> Requirement
Copy out each line of the listing below in which the string "first" occurs.

> Extracted information
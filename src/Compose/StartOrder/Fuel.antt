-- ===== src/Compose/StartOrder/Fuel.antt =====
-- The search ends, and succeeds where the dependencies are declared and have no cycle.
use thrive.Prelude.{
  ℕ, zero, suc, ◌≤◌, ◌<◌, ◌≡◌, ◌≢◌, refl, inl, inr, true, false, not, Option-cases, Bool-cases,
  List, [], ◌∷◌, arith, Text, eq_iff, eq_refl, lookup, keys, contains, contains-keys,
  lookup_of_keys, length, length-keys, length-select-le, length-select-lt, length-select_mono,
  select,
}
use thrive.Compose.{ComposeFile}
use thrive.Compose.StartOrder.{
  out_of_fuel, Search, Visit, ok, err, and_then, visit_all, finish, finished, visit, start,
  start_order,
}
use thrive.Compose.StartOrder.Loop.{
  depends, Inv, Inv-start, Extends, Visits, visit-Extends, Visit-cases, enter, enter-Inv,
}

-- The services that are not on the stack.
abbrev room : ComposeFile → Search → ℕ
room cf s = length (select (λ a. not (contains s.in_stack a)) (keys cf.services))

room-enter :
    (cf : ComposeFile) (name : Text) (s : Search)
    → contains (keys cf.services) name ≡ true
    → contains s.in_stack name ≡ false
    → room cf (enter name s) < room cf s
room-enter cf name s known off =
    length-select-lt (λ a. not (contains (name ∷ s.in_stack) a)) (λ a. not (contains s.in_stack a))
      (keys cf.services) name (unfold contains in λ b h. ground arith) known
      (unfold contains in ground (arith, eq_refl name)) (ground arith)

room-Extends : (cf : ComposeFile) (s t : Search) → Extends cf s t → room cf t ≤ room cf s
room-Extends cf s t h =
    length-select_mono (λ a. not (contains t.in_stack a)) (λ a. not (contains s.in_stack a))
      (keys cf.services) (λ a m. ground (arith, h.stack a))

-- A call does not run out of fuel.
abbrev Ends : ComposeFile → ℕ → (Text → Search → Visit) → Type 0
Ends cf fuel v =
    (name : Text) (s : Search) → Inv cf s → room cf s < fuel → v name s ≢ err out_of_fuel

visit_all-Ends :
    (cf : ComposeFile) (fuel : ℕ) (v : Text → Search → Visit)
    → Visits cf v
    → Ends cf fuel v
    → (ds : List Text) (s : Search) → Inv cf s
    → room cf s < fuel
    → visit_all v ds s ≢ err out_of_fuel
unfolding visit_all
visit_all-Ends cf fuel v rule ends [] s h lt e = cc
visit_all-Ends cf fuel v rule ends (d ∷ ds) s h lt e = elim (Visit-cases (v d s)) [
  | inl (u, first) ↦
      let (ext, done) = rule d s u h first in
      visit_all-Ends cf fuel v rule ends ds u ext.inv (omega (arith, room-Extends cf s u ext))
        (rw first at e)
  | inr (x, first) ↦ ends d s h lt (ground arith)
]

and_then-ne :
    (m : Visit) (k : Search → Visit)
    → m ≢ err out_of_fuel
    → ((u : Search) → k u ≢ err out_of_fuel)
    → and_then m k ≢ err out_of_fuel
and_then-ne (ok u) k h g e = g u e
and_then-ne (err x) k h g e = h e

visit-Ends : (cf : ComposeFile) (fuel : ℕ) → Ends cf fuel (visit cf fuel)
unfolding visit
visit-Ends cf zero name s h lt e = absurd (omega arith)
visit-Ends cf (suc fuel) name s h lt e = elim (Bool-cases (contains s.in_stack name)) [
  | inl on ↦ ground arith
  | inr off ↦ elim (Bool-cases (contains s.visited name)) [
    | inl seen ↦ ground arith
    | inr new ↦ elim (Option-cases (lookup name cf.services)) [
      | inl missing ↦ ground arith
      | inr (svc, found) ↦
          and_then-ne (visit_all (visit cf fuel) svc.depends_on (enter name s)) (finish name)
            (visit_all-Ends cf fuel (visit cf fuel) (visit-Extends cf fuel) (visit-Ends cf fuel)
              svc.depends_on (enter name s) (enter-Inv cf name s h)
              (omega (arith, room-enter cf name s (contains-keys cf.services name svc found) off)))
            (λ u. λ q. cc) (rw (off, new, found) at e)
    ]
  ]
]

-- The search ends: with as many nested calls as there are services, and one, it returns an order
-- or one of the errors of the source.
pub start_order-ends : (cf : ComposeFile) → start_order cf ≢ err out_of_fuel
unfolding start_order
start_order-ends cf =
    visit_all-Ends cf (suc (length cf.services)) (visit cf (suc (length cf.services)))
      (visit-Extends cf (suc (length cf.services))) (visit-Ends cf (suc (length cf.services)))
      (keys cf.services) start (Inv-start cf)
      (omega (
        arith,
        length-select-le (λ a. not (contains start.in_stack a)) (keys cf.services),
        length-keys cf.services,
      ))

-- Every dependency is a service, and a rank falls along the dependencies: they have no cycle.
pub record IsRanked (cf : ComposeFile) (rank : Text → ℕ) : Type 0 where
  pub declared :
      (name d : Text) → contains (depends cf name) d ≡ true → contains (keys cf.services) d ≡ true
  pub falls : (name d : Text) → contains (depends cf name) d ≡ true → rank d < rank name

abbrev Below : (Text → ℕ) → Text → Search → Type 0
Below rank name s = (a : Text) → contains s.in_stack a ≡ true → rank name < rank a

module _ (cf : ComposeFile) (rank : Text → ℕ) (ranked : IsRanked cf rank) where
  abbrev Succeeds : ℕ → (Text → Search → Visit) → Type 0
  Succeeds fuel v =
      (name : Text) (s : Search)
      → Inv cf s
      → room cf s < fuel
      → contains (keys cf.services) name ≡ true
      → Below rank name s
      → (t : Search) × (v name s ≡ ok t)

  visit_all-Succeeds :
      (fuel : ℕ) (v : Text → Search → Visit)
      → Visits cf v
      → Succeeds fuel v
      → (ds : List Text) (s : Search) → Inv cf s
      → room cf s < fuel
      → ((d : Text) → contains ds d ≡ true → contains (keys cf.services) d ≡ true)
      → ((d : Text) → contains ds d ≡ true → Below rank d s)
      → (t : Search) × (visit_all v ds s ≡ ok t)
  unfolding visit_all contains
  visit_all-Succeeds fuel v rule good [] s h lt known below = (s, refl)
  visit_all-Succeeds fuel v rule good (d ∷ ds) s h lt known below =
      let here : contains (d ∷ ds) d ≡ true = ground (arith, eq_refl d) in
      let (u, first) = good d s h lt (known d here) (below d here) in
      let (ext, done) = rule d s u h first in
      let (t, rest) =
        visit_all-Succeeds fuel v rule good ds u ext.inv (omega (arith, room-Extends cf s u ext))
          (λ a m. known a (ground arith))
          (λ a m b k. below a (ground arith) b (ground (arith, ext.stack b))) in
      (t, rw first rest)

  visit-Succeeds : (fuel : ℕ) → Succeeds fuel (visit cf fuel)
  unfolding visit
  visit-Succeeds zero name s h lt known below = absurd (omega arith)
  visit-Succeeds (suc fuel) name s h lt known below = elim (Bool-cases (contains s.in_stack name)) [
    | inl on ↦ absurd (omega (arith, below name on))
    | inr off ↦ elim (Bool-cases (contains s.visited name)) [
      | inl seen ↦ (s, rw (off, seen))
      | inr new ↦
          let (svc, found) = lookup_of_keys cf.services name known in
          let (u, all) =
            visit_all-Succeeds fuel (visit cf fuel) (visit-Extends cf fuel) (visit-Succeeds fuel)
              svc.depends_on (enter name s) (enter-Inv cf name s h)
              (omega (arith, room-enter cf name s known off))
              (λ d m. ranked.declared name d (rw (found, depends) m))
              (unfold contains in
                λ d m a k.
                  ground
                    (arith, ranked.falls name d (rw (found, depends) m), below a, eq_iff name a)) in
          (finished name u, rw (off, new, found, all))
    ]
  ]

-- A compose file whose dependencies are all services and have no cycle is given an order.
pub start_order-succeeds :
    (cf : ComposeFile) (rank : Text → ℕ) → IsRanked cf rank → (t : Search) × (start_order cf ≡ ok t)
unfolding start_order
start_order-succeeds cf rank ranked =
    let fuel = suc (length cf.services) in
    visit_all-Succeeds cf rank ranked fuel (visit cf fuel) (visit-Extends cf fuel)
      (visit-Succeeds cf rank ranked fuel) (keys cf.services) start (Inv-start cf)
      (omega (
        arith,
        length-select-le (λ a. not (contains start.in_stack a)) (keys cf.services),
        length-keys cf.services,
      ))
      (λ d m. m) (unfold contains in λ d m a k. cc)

> Result
  | inl (u, first) ↦
      let (ext, done) = rule d s u h first in
        (rw first at e)
  | inr (x, first) ↦ ends d s h lt (ground arith)
      let (u, first) = good d s h lt (known d here) (below d here) in
      let (ext, done) = rule d s u h first in
      (t, rw first rest)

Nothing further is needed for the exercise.